Anastomotic leakage is a major complication in esophageal surgery. Although contrast swallow is performed by many surgical centers before reintroduction of oral intake to exclude anastomotic leakage postoperatively, endoscopy is increasingly used in this situation and may be superior. This study compares radiographic contrast study and endoscopy for the identification of local complications after subtotal esophagectomy.


Between January 2006 and September 2007, a prospective, blinded, intraindividually controlled study was conducted in patients who underwent transthoracic esophagectomy due to esophageal cancer. A radiographic contrast study was performed prior to endoscopy on postoperative day 5-7. Technical feasibility, sensitivity, and specificity of the radiologic and endoscopic evaluations of the esophageal substitute were described.


Radiographic contrast study was possible in only 64% of the patients (35 of 55). The contrast study could not be performed in 20 patients due to contraindications or mechanical ventilation. Endoscopy could be performed in all patients (p < 0.001). Pathologic findings were detected in 13 patients by endoscopy but in only 1 patient by contrast swallow. Leakage of the anastomosis or the conduit was correctly detected in 7 patients by endoscopy but in only 1 patient by contrast swallow (p = 0.01). Endoscopy detected focal conduit necrosis or ischemia in six additional patients. Contrast studies showed false-positive results in two patients. Both sensitivity and specificity of endoscopy were 100%, while sensitivity and specificity of the contrast study were only 20 and 94%. No complications resulted from postoperative endoscopy or radiologic imaging.

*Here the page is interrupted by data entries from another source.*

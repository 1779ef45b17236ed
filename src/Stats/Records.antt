-- ===== src/Stats/Records.antt =====
-- api/actions/process_stats.go: the statistics of a process's instances. Quantities are the
-- library's (k8s.io/apimachinery, `resource.Quantity`), CPU shares are floats: both are parameters.
-- A 64-bit integer is its bit pattern.
use korifi.Base.{
  ℕ, zero, suc, ◌*◌, ◌%◌, ◌^◌, String, List, [], ◌∷◌, Option, none, some, ◌==◌, leb, length, lookup,
  insert, concat, if◌then◌else◌,
}
use korifi.Base.Int.{ℤ, pos, negsuc}
use korifi.Kube.Errors.{ApiError, Reason, Result, ok, err}
use korifi.Stats.Pods.{Pod, get_pod_state, pod_index_label}

-- An error, or a panic.
pub data StatsError : Type 0 where
  failure : ApiError → StatsError
  panic : StatsError

pub record Units : Type 1 where
  pub Quantity : Type 0
  pub Float : Type 0
  pub add : Quantity → Quantity → Quantity
  pub int_value : Quantity → ℤ  -- `Value`
  pub cpu_share : Quantity → Float  -- `float64(q.ScaledValue(resource.Nano)) / 1e9`

module _ (units : Units) where
  open units use {Quantity, Float, add, int_value, cpu_share}

  pub record Usage : Type 0 where
    pub timestamp : Option ℕ
    pub cpu : Option Float
    pub mem : Option ℤ
    pub disk : Option ℤ

  pub record PodStatsRecord : Type 0 where
    pub process_guid : String
    pub process_type : String
    pub index : ℕ
    pub state : String
    pub usage : Usage
    pub mem_quota : Option ℕ
    pub disk_quota : Option ℕ

  -- The usage of each container, by resource name, and the time of the measurement.
  pub record PodMetrics : Type 0 where
    pub pod : Pod
    pub containers : List (List (String × Quantity))
    pub timestamp : ℕ

  pub record ProcessRecord : Type 0 where
    pub guid : String
    pub app_guid : String
    pub process_type : String
    pub desired_instances : ℤ  -- int32
    pub memory_mb : ℕ
    pub disk_quota_mb : ℕ

  abbrev pub no_usage : Usage
  no_usage = record { timestamp = none; cpu = none; mem = none; disk = none }

  abbrev pub sum_with : Option Quantity → Quantity → Quantity
  sum_with none v = v
  sum_with (some value) v = add value v

  -- The loop over one container's usage, in any order of its resources.
  unfoldable pub add_usage :
      List (String × Quantity) → List (String × Quantity) → List (String × Quantity)
  add_usage metrics [] = metrics
  add_usage metrics ((k, v) ∷ usage) =
      add_usage (insert k (sum_with (lookup k metrics) v) metrics) usage

  unfoldable pub aggregate_from :
      List (String × Quantity) → List (List (String × Quantity)) → List (String × Quantity)
  aggregate_from metrics [] = metrics
  aggregate_from metrics (usage ∷ containers) = aggregate_from (add_usage metrics usage) containers

  unfoldable pub aggregate_container_metrics :
      List (List (String × Quantity)) → List (String × Quantity)
  aggregate_container_metrics containers = aggregate_from [] containers

  unfoldable pub megabytes_to_bytes : ℕ → ℕ
  megabytes_to_bytes mb = mb * 1024 * 1024 % 2 ^ 64

  abbrev plain_error : String → ApiError
  plain_error text = record { reason = Reason.other_reason ""; message = text }

  abbrev index_error : String → ApiError
  index_error problem =
      plain_error (concat (pod_index_label ∷ " is not a valid index: " ∷ problem ∷ []))

  abbrev index_of : Result String ℤ → Result ApiError ℕ
  index_of (err problem) = err (index_error problem)
  index_of (ok (pos n)) = ok n
  index_of (ok (negsuc n)) = err (index_error "instance indexes can't be negative")

  abbrev index_label : (String → Result String ℤ) → Option String → Result ApiError ℕ
  index_label atoi none = err (plain_error (concat (pod_index_label ∷ " label not found" ∷ [])))
  index_label atoi (some label) = index_of (atoi label)

  -- `atoi` is `strconv.Atoi`.
  unfoldable pub extract_index : (String → Result String ℤ) → Pod → Result ApiError ℕ
  extract_index atoi pod = index_label atoi (lookup pod_index_label pod.labels)

  -- The records before any metrics are read, from instance `i` on.
  unfoldable pub blank_records : ProcessRecord → String → ℕ → ℕ → List PodStatsRecord
  blank_records process guid i zero = []
  blank_records process guid i (suc n) =
      record {
        process_guid = guid;
        process_type = process.process_type;
        index = i;
        state = "DOWN";
        usage = no_usage;
        mem_quota = none;
        disk_quota = none;
      }
      ∷ blank_records process guid (suc i) n

  abbrev cpu_of : Option Quantity → Option Float → Option Float
  cpu_of none old = old
  cpu_of (some q) old = some (cpu_share q)

  abbrev value_of : Option Quantity → Option ℤ → Option ℤ
  value_of none old = old
  value_of (some q) old = some (int_value q)

  -- What the metrics of one pod write into its record.
  unfoldable pub measured :
      ProcessRecord → String → List (String × Quantity) → ℕ → PodStatsRecord → PodStatsRecord
  unfolding megabytes_to_bytes
  measured process state [] time r = record r { state = state }
  measured process state (m ∷ ms) time r = record r {
    state = state;
    usage = record {
      timestamp = some time;
      cpu = cpu_of (lookup "cpu" (m ∷ ms)) r.usage.cpu;
      mem = value_of (lookup "memory" (m ∷ ms)) r.usage.mem;
      disk = value_of (lookup "storage" (m ∷ ms)) r.usage.disk;
    };
    mem_quota = some (megabytes_to_bytes process.memory_mb);
    disk_quota = some (megabytes_to_bytes process.disk_quota_mb);
  }

  -- `make([]PodStatsRecord, n)` and the loop that fills it in; a negative length panics.
  abbrev pub expected_records : ProcessRecord → String → ℤ → Result StatsError (List PodStatsRecord)
  expected_records process guid (pos n) = ok (blank_records process guid 0 n)
  expected_records process guid (negsuc n) = err panic

  abbrev pub onto : PodStatsRecord → Option (List PodStatsRecord) → Option (List PodStatsRecord)
  onto r none = none
  onto r (some rs) = some (r ∷ rs)

  -- `records[i] = f(records[i])`; `none` for an index past the end.
  unfoldable pub update_at :
      (PodStatsRecord → PodStatsRecord) → ℕ → List PodStatsRecord → Option (List PodStatsRecord)
  update_at f i [] = none
  update_at f zero (r ∷ rs) = some (f r ∷ rs)
  update_at f (suc i) (r ∷ rs) = onto r (update_at f i rs)

  abbrev pub written : Option (List PodStatsRecord) → Result StatsError (List PodStatsRecord)
  written none = err panic
  written (some records) = ok records

  abbrev pub apply_metrics :
      ProcessRecord → PodMetrics → ℕ → List PodStatsRecord → Result StatsError (List PodStatsRecord)
  apply_metrics process m i records =
      let state = get_pod_state m.pod in
      if state == "DOWN"
      then ok records
      else if leb (length records) i
      then ok records
      else written (
          update_at (measured process state (aggregate_container_metrics m.containers) m.timestamp)
            i records)

  -- One round of the loop over the metrics: the records so far, or the error that ends it.
  abbrev pub step_metrics :
      (String → Result String ℤ)
      → ProcessRecord
      → PodMetrics
      → Result ApiError ℕ
      → List PodStatsRecord
      → Result StatsError (List PodStatsRecord)
  step_metrics atoi process m (err e) records = err (failure e)
  step_metrics atoi process m (ok i) records = apply_metrics process m i records

  unfoldable pub fill_records :
      (String → Result String ℤ)
      → ProcessRecord
      → List PodMetrics
      → Result StatsError (List PodStatsRecord)
      → Result StatsError (List PodStatsRecord)
  fill_records atoi process metrics (err e) = err e
  fill_records atoi process [] (ok records) = ok records
  fill_records atoi process (m ∷ metrics) (ok records) =
      fill_records atoi process metrics
        (step_metrics atoi process m (extract_index atoi m.pod) records)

Endoscopic evaluation of the esophageal substitute in the early postoperative course is possible in all patients without complications. Endoscopy is superior to the contrast study in detecting pathological findings after esophageal reconstruction. Radiologic contrast swallow in the early postoperative days is often not possible, has no further relevance, and should be replaced by endoscopic evaluation.